Understanding the genetic elements that lead to loss of regulatory T cell function in autoimmunity requires a foundational understanding of Treg function in a homeostatic environment. Control of Treg lineage and stability often revolve around the transcription factor FOXP3, although FOXP3 activity only accounts for a part of all Treg signature gene expression.

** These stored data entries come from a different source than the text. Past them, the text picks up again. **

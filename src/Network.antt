-- ===== src/Network.antt =====
-- `NetworkStats`, the feedback of a connection and the choice of a preferred quality, of
-- crates/webrtc-manager/src/entities/subscriber.rs. A `Duration` and an `Instant` are numbers of
-- nanoseconds; each `Instant::now()` is an argument.
pub mod History
pub mod Steady
pub mod Loss
pub mod Adapt
use waterbus_rs.Base.{
  ℕ, ◌+◌, ◌-◌, ◌*◌, ◌/◌, ◌%◌, ◌^◌, ◌≡◌, Bool, true, false, not, ◌&&◌, List, [], ◌∷◌, ◌++◌, map,
  if◌then◌else◌, ltb, leb, ◌==◌, length, sum,
}
use waterbus_rs.Base.Int.{ℤ, is_negative, to_ℕ}
use waterbus_rs.Quality.{TrackQuality, low, medium, high, as_u8, from_u8, quality_eq}

abbrev pub millis : ℕ → ℕ
millis n = n * 1000000

abbrev pub secs : ℕ → ℕ
secs n = millis (n * 1000)

abbrev pub jitter_threshold_high : ℕ
jitter_threshold_high = millis 80

abbrev pub delay_threshold_low : ℕ
delay_threshold_low = millis 25

abbrev pub delay_threshold_medium : ℕ
delay_threshold_medium = millis 120

abbrev pub high_jitter_threshold_low : ℕ
high_jitter_threshold_low = 2

abbrev pub high_jitter_threshold_medium : ℕ
high_jitter_threshold_medium = 5

abbrev pub history_size : ℕ
history_size = 10

abbrev pub min_quality_change_interval : ℕ
min_quality_change_interval = secs 2

pub record NetworkStats : Type 0 where
  pub twcc_quality : TrackQuality
  pub last_quality_change : ℕ
  pub delay_history : List ℕ
  pub jitter_history : List ℕ
  pub packet_loss_count : ℕ

-- `NetworkStats::default`
unfoldable pub default_stats : ℕ → NetworkStats
default_stats now = record {
  twcc_quality = medium;
  last_quality_change = now;
  delay_history = [];
  jitter_history = [];
  packet_loss_count = 0;
}

abbrev pop_front : List ℕ → List ℕ
pop_front [] = []
pop_front (x ∷ xs) = xs

-- The fixed capacity of a history.
unfoldable pub push_history : ℕ → List ℕ → List ℕ
push_history x h = (if leb history_size (length h) then pop_front h else h) ++ x ∷ []

-- `Duration::as_millis() as u64`
abbrev pub as_millis : ℕ → ℕ
as_millis d = d / 1000000 % 2 ^ 64

-- The average of a history, in 64 bits.
unfoldable pub average : List ℕ → ℕ
average [] = 0
average (x ∷ xs) = sum (x ∷ xs) % 2 ^ 64 / length (x ∷ xs)

-- The chain of tests that sets `twcc_quality`.
unfoldable pub assess : ℕ → ℕ → ℕ → TrackQuality
assess avg_delay_ms avg_jitter_count loss_penalty =
    if ltb avg_delay_ms (as_millis delay_threshold_low)
      && leb avg_jitter_count high_jitter_threshold_low
      && loss_penalty == 0
    then high
    else if ltb avg_delay_ms (as_millis delay_threshold_medium)
        && leb avg_jitter_count high_jitter_threshold_medium
        && leb loss_penalty 1
    then medium
    else low

unfoldable pub loss_penalty : ℕ → ℕ → ℕ → ℕ
loss_penalty count now last = if ltb 0 count && ltb (secs 5) (now - last) then 1 else 0

-- `update_twcc`; `now` is read for the penalty, and `now'` for the reset of the counter.
unfoldable pub update_twcc : ℕ → ℕ → Bool → ℕ → ℕ → NetworkStats → NetworkStats
update_twcc avg_delay high_jitter_count packet_loss now now' s =
    let delays = push_history avg_delay s.delay_history in
    let jitters = push_history high_jitter_count s.jitter_history in
    let count = if packet_loss then (s.packet_loss_count + 1) % 2 ^ 32 else s.packet_loss_count in
    record s {
      delay_history = delays;
      jitter_history = jitters;
      twcc_quality =
          assess (average (map as_millis delays)) (average jitters)
            (loss_penalty count now s.last_quality_change);
      packet_loss_count = if ltb (secs 10) (now' - s.last_quality_change) then 0 else count;
    }

unfoldable pub should_update_quality : TrackQuality → ℕ → NetworkStats → Bool
should_update_quality current now s =
    if quality_eq s.twcc_quality current
    then false
    else leb
        (if ltb (as_u8 current) (as_u8 s.twcc_quality)
          then millis 1500
          else min_quality_change_interval)
        (now - s.last_quality_change)

abbrev pub update_quality_timestamp : ℕ → NetworkStats → NetworkStats
update_quality_timestamp now s = record s { last_quality_change = now }

-- What the loop of `process_twcc_feedback` adds up.
pub record Feedback : Type 0 where
  pub high_jitter_count : ℕ
  pub total_delay : ℕ
  pub valid_deltas : ℕ
  pub packet_loss : Bool

abbrev pub no_feedback : Feedback
no_feedback = record {
  high_jitter_count = 0;
  total_delay = 0;
  valid_deltas = 0;
  packet_loss = false;
}

-- A delta is a number of microseconds; a negative one stands for a loss.
unfoldable pub read_deltas : List ℤ → Feedback → Feedback
read_deltas [] f = f
read_deltas (d ∷ ds) f =
    let duration = to_ℕ d * 1000 in
    read_deltas ds (
      if is_negative d then record f { packet_loss = true } else record f {
        total_delay = f.total_delay + duration;
        valid_deltas = f.valid_deltas + 1;
        high_jitter_count =
            if ltb jitter_threshold_high duration
            then f.high_jitter_count + 1
            else f.high_jitter_count;
      })

-- One transport feedback packet, with the two times that `update_twcc` reads.
pub record Report : Type 0 where
  pub deltas : List ℤ
  pub now : ℕ
  pub later : ℕ

unfoldable pub process_twcc_feedback : Report → NetworkStats → NetworkStats
process_twcc_feedback r s =
    let f = read_deltas r.deltas no_feedback in
    update_twcc (if ltb 0 f.valid_deltas then f.total_delay / f.valid_deltas else 0)
      f.high_jitter_count f.packet_loss r.now r.later s

unfoldable pub process_reports : List Report → NetworkStats → NetworkStats
process_reports [] s = s
process_reports (r ∷ rs) s = process_reports rs (process_twcc_feedback r s)

-- The quality state of a subscriber: the byte of `preferred_quality`, the statistics, and whether
-- the update loop was notified.
pub record Adaptation : Type 0 where
  pub preferred_quality : ℕ
  pub stats : NetworkStats
  pub notified : Bool

-- The second half of `monitor_rtcp`; `now` is read by the test, and `now'` for the time stamp.
unfoldable pub adapt : ℕ → ℕ → Adaptation → Adaptation
adapt now now' a =
    if should_update_quality (from_u8 a.preferred_quality) now a.stats
    then record {
      preferred_quality = as_u8 a.stats.twcc_quality;
      stats = update_quality_timestamp now' a.stats;
      notified = true;
    }
    else a

-- `monitor_rtcp`, over the feedback packets that the senders had.
unfoldable pub monitor_rtcp : List Report → ℕ → ℕ → Adaptation → Adaptation
monitor_rtcp [] now now' a = a
monitor_rtcp (r ∷ rs) now now' a =
    adapt now now' (record a { stats = process_reports (r ∷ rs) a.stats })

Recent evidence has shown that FOXP3 expression and activity is tightly controlled through many different cis- and trans-regulatory factors including enhancer regions, transcription factor complexes, and epigenetic modifications. In turn, these regulatory factors can be influenced by the surrounding tissue environment, allowing for tight control of tolerance in healthy individuals. Thus, ultimate Treg function is a matter of both nature and nurture.

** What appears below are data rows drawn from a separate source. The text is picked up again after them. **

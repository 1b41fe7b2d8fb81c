-- ===== src/Network/History.antt =====
-- How many entries the two histories of the network statistics hold, in
-- crates/webrtc-manager/src/entities/subscriber.rs.
use waterbus_rs.Base.{
  ℕ, suc, ◌+◌, ◌≤◌, ◌≡◌, Bool, List, [], ◌∷◌, arith, leb, length, length-append, subst,
  if◌then◌else◌,
}
use native.Mathlib.Nat.{zero-add}
use waterbus_rs.Network.{
  NetworkStats, default_stats, push_history, update_twcc, history_size, Report,
  process_twcc_feedback, process_reports, Adaptation, adapt, monitor_rtcp,
}

-- The number of the last `history_size` of `n` entries.
abbrev pub capped : ℕ → ℕ
capped n = if leb history_size n then history_size else n

length-push_history :
    (x n : ℕ) (h : List ℕ) → length h ≡ capped n → length (push_history x h) ≡ capped (suc n)
unfolding push_history
length-push_history x n [] e = ground arith
length-push_history x n (y ∷ h) e = ground (arith, length-append h (x ∷ []))

-- Both histories hold the entries of `n` reports, as far as there is room.
pub record HasReports (n : ℕ) (s : NetworkStats) : Type 0 where
  pub delays : length s.delay_history ≡ capped n
  pub jitters : length s.jitter_history ≡ capped n

update_twcc-HasReports :
    (n d j : ℕ) (loss : Bool) (now now' : ℕ) (s : NetworkStats)
    → HasReports n s
    → HasReports (suc n) (update_twcc d j loss now now' s)
unfolding update_twcc
update_twcc-HasReports n d j loss now now' s h = record {
  delays = length-push_history d n s.delay_history h.delays;
  jitters = length-push_history j n s.jitter_history h.jitters;
}

process_reports-HasReports :
    (rs : List Report) (n : ℕ) (s : NetworkStats)
    → HasReports n s
    → HasReports (length rs + n) (process_reports rs s)
unfolding process_reports process_twcc_feedback
process_reports-HasReports [] n s h = rw zero-add h
process_reports-HasReports (r ∷ rs) n s h =
    let s' = process_twcc_feedback r s in
    let rest = process_reports-HasReports rs (suc n) s' (update_twcc-HasReports n _ _ _ _ _ s h) in
    let e : length rs + suc n ≡ length (r ∷ rs) + n = omega arith in
    subst (λ k. HasReports k (process_reports rs s')) e rest

-- A tick of the monitor: what it reads, and its two times.
pub record Tick : Type 0 where
  pub reports : List Report
  pub now : ℕ
  pub later : ℕ

unfoldable pub ticks : List Tick → Adaptation → Adaptation
ticks [] a = a
ticks (t ∷ ts) a = ticks ts (monitor_rtcp t.reports t.now t.later a)

abbrev pub count_reports : List Tick → ℕ
count_reports [] = 0
count_reports (t ∷ ts) = count_reports ts + length t.reports

monitor_rtcp-HasReports :
    (rs : List Report) (now now' n : ℕ) (a : Adaptation)
    → HasReports n a.stats
    → HasReports (length rs + n) (monitor_rtcp rs now now' a).stats
unfolding monitor_rtcp adapt
monitor_rtcp-HasReports [] now now' n a h = rw zero-add h
monitor_rtcp-HasReports (r ∷ rs) now now' n a h =
    ground (arith, process_reports-HasReports (r ∷ rs) n a.stats h)

ticks-HasReports :
    (ts : List Tick) (n : ℕ) (a : Adaptation)
    → HasReports n a.stats
    → HasReports (count_reports ts + n) (ticks ts a).stats
unfolding ticks
ticks-HasReports [] n a h = rw zero-add h
ticks-HasReports (t ∷ ts) n a h =
    let a' = monitor_rtcp t.reports t.now t.later a in
    let rest =
      ticks-HasReports ts (length t.reports + n) a'
        (monitor_rtcp-HasReports t.reports t.now t.later n a h) in
    let e : count_reports ts + (length t.reports + n) ≡ count_reports (t ∷ ts) + n = omega arith in
    subst (λ k. HasReports k (ticks ts a').stats) e rest

-- From the statistics that a subscriber starts with, after any ticks of the monitor, the two histories
-- hold as many entries as reports were read, or ten once there were ten: never more than ten.
pub monitor_rtcp-IsBounded :
    (ts : List Tick) (created preferred : ℕ) (notified : Bool)
    → (let s =
          (ticks ts (record {
            preferred_quality = preferred;
            stats = default_stats created;
            notified = notified;
          })).stats in
        (length s.delay_history ≡ capped (count_reports ts))
        × (length s.jitter_history ≡ capped (count_reports ts))
        × (capped (count_reports ts) ≤ 10))
unfolding default_stats
monitor_rtcp-IsBounded ts created preferred notified =
    let h =
      ticks-HasReports ts 0
        (record {
          preferred_quality = preferred;
          stats = default_stats created;
          notified = notified;
        })
        (record { delays = ground arith; jitters = ground arith }) in
    ground (arith, h)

Genetic mutations leading to IPEX syndrome and polygenetic autoimmune susceptibilities revealed through GWAS analyses (911) converge on several pathways crucial to Treg stability and function and imply their dysregulation during autoimmunity. The dysregulation can be caused by mutations in FOXP3 itself, mutations in Treg functional genes, or SNPs that affect regulatory elements such as enhancer regions or genes critical for proper Treg function. In addition, transcription factor complexes that associate with CNS regions of FOXP3, are another component that give Tregs a ‘manual’ for how they should function in maintaining immune tolerance. However, this so-called manual often becomes distorted or destroyed during pathological autoimmunity, which might be attributed to chronic inflammation present in the tissue environment.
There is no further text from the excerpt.